# TT newbie



## HushanTT (Sep 5, 2011)

Hi All,

Just bought a 2006 3.2 V6 with 52k on the clock. Loving the drive... Hope to get some technical help as I like to get my hands dirty.. See you around.. 

Nas

http://www.********.co.uk/forum/gallery/image.php?album_id=563&image_id=945&view=no_count


----------



## Hoggy (May 8, 2002)

Hi Nas, Welcome to the TTF.
Hoggy.


----------



## Dotti (Mar 9, 2003)

Hello and welcome


----------



## T3RBO (Dec 9, 2003)

Welcome to the forum 

For events, discounts and other benefits including a fantastic quarterly magazine, have a look at joining
the TT Owners Club

Click on below link to view the site

http://www.ttoc.co.uk


----------



## V6RUL (May 28, 2009)

Hi Nas, 
there is a V6 section that maybe able to give some help.
I see you already have aftermarket wheels and some form of lowering kit on.
Your lower grille seems to be closed, which should be opened up !! first job to do..
Steve


----------



## davelincs (Jan 1, 2010)

Hi Nas, welcome to the forum


----------



## HushanTT (Sep 5, 2011)

Thank you all..


----------



## HushanTT (Sep 5, 2011)

V6RUL said:


> Hi Nas,
> there is a V6 section that maybe able to give some help.
> I see you already have aftermarket wheels and some form of lowering kit on.
> Your lower grille seems to be closed, which should be opened up !! first job to do..
> Steve


Hi Steve, Thanks for your feedback.. what do you mean by opening up lower grille? I can see your a TT enthusiast and was hoping maybe you rcould answer this question for me... Before that thumbs up for your Impressive work on your car,has definitly inspired me.. 

Problem: I had the engine management light come on as i was driving last night and after research noted TT have a common problem with the coil pack.. so this morning took it to the garage and guess what coil pack 1 and 6 misfiring, on removal pack 6 was melted to the cover and wiring loom so now it's sitting in the garage not starting as the wiring loom is so f***ed that it wouldn't connect to the new coil pack (took advise from other member and went for the 115J ) so basically I need a wiring loom but can't find the part number.

Would you or anyone know what this part number is? also how long should it take to change? as I work mon to fri and have to send the misus to get the part and we all know what SOME women are like when it comes to car parts. Also anyone know of a breaker in midlands otherwise new it will have to be from listers.

Thanks in advance..

Nas


----------



## V6RUL (May 28, 2009)

Hi Nas..cheers for the comments.
Your front vent should look like this one with the holes open..

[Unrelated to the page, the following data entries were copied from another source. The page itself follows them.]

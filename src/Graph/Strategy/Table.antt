-- ===== src/Graph/Strategy/Table.antt =====
-- The table of operations (getStrategyFromOperation of graph/stage_strategy.go): an operation that
-- is triggered can always be run on the inputs that its trigger hands it.
use mathlib.Core.Bool.{false≢true}
use completer.Prelude.{
  ap, sym, ◌∙◌, done-injective, ◌≡◌, refl, ap, ◌∙◌, List, [], ◌∷◌, Option, some, Bool, true, false,
  arith, done, if◌then◌else◌,
}
use completer.Model.Datum.{CompletionResult}
use completer.Model.Event.{CompletionOperation, unknown_operation}
use completer.Graph.Stage.{
  Strategy, TriggerStrategy, wait_for_all, trigger_any, trigger_never, ExecutionStrategy,
  succeed_with_empty, invoke_without_args, invoke_with_result, invoke_with_result_or_error,
  complete_externally, propagate_result,
}
use completer.Graph.Strategy.{
  Trigger, run_trigger, run_execution, get_strategy_from_operation, Action,
}
use completer.Graph.Strategy.WaitForAll.{
  WaitForAll, waits, succeeds, fails, wait_for_all_trigger_lem,
}
use completer.Graph.Strategy.TriggerAny.{
  TriggerAny, waits_any, succeeds_any, fails_any, trigger_any_trigger_lem,
}

-- An execution strategy runs on a single input.
runs_on_one :
    (e : ExecutionStrategy) (r : CompletionResult)
    → (a : Action) × (run_execution e (r ∷ []) ≡ done a)
unfolding run_execution
runs_on_one succeed_with_empty r = (_, refl)
runs_on_one invoke_without_args r = (_, refl)
runs_on_one invoke_with_result r = (_, refl)
runs_on_one invoke_with_result_or_error r = (_, refl)
runs_on_one complete_externally r = (_, refl)
runs_on_one propagate_result r = (_, refl)

-- The execution strategies that take any number of inputs.
abbrev takes_many : ExecutionStrategy → Bool
takes_many invoke_with_result_or_error = false
takes_many propagate_result = false
takes_many _ = true

runs_on_many :
    (e : ExecutionStrategy) (rs : List CompletionResult)
    → takes_many e ≡ true
    → (a : Action) × (run_execution e rs ≡ done a)
unfolding run_execution
runs_on_many succeed_with_empty rs h = (_, refl)
runs_on_many invoke_without_args rs h = (_, refl)
runs_on_many invoke_with_result rs h = (_, refl)
runs_on_many invoke_with_result_or_error rs h = absurd (false≢true h)
runs_on_many complete_externally rs h = (_, refl)
runs_on_many propagate_result rs h = absurd (false≢true h)

wait_for_all_takes_many :
    (op : CompletionOperation) (s : Strategy)
    → get_strategy_from_operation op ≡ some s
    → s.trigger_strategy ≡ wait_for_all
    → takes_many s.success_strategy ≡ true
unfolding get_strategy_from_operation
wait_for_all_takes_many unknown_operation s e w = ground (arith, e, w)
wait_for_all_takes_many _ s e w = ground (arith, e, w)

abbrev execution : Strategy → Bool → ExecutionStrategy
execution s status = if status then s.success_strategy else s.failure_strategy

runs_after_any :
    (s : Strategy) (ds : List (Option CompletionResult)) (t : Trigger)
    → TriggerAny ds t
    → t.should_trigger ≡ true
    → (a : Action) × (run_execution (execution s t.status) t.inputs ≡ done a)
runs_after_any s ds t (waits_any a u) h = absurd (false≢true h)
runs_after_any s ds t (succeeds_any pre r post e a q) h = runs_on_one s.success_strategy r
runs_after_any s ds t (fails_any pre r e a) h = runs_on_one s.failure_strategy r

runs_after_all :
    (s : Strategy) (ds : List (Option CompletionResult)) (t : Trigger)
    → WaitForAll ds t
    → takes_many s.success_strategy ≡ true
    → t.should_trigger ≡ true
    → (a : Action) × (run_execution (execution s t.status) t.inputs ≡ done a)
runs_after_all s ds t (waits pre post e) m h = absurd (false≢true h)
runs_after_all s ds t (succeeds rs e a) m h = runs_on_many s.success_strategy rs m
runs_after_all s ds t (fails pre r post e a q) m h = runs_on_one s.failure_strategy r

-- Whatever the operation and the state of its dependencies, if its trigger says yes, the execution
-- strategy for the trigger's status accepts the inputs that it hands over: the panics on a number
-- of inputs other than one are never reached.
pub run_execution-run_trigger :
    (op : CompletionOperation) (s : Strategy) (ds : List (Option CompletionResult)) (t : Trigger)
    → get_strategy_from_operation op ≡ some s
    → run_trigger s.trigger_strategy ds ≡ done t
    → t.should_trigger ≡ true
    → (a : Action) × (run_execution
          (if t.status then s.success_strategy else s.failure_strategy)
          t.inputs
        ≡ done a)
unfolding run_trigger
run_execution-run_trigger op s ds t e =
    by_trigger s.trigger_strategy (wait_for_all_takes_many op s e)
  where
    by_trigger :
        (k : TriggerStrategy)
        → (k ≡ wait_for_all → takes_many s.success_strategy ≡ true)
        → run_trigger k ds ≡ done t
        → t.should_trigger ≡ true
        → (a : Action) × (run_execution (execution s t.status) t.inputs ≡ done a)
    by_trigger wait_for_all m q h =
        runs_after_all s ds t (rw (sym (done-injective q)) (wait_for_all_trigger_lem ds)) (m refl) h
    by_trigger trigger_any m q h =
        let (t', p, c) = trigger_any_trigger_lem ds in
        runs_after_any s ds t (rw (done-injective (sym q ∙ p)) c) h
    by_trigger trigger_never m q h =
        absurd (false≢true (ap (λ (u : Trigger). u.should_trigger) (done-injective q) ∙ h))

looks like your has the blanking plate fitted which is held on with a couple of retaining springs.
There are some very knowledgeable peeps on here and im sure if you start a new thread specific to the wiring loom part number for the V6, hopefully it won't be long before you get the answer.
The coilpacks should be looked at by Audi as there is a recall on at the moment and the odd one dieing is only about £30 a pop.
Steve


----------



## HushanTT (Sep 5, 2011)

V6RUL said:


> Hi Nas..cheers for the comments.
> Your front vent should look like this one with the holes open..
> 
> 
> ...


Hey Steve,

Thanks for your advice called local Audi and they have changed all my coil packs kindly for free, on start-up they notice more misfiring and investigated further to discover a hole in the manifold.

They called to give me a quote to repair this and also about some dodgy wiring next to the exhaust manifold. £1430 my jaws dropped, the dealer who sold me the car was now closed... I had one hell of a sleepless night until I found on the Citizens Advice Bureau that if I had traded in a car then there's a high chance the company would uphold its reputation and should see the decision they make before threatening about consumer rights on used vehicles from dealers.

Next morning called them and simply said please give the repair company a call and let me know the decision. The Audi Main dealer was already stunned that the specialist sold me a vehicle with core damage and gave me very helpful advice that the specialist should not have sold me the car in that condition.

A few hours later the specialist decided to put car right and they would pay the bill. I am very impressed with the service received from specialist and the main dealer making the discreet decision to put it right without me having to talk about my consumer rights. 

Hopefully the car should be 100% when it's returned, I took the front grille panels out when I towed the car from the garage it was previously at and will definitely be applying the holy mod  when it is returned, a wash and some wax with some TLC.

I've seen your mods and it is very inspiring but I think I'll leave the extreme mods for the experts like you. I've got a CDA induction kit, Heldex Upgrade (which I don't know much about) and up-rated exhaust; if I was to remap it what kind of figures should I expect comfortably?

I also own an Astra Bertone with 245bhp and getting a happy 13.8sec on quarter miles and I would strip that down to the bare bone but with the TT I don't want to unzip her without expert advice.

Take care and look forward to seeing you around.

Nas


----------



## SAJ77 (Nov 16, 2008)

Welcome to the forum.

Good choice on the V6 :wink:

Yours must be one of the last MK1s on a 2006 plate. I don't think I have seen an 06 plate 3.2 TT before on here!

Saj


----------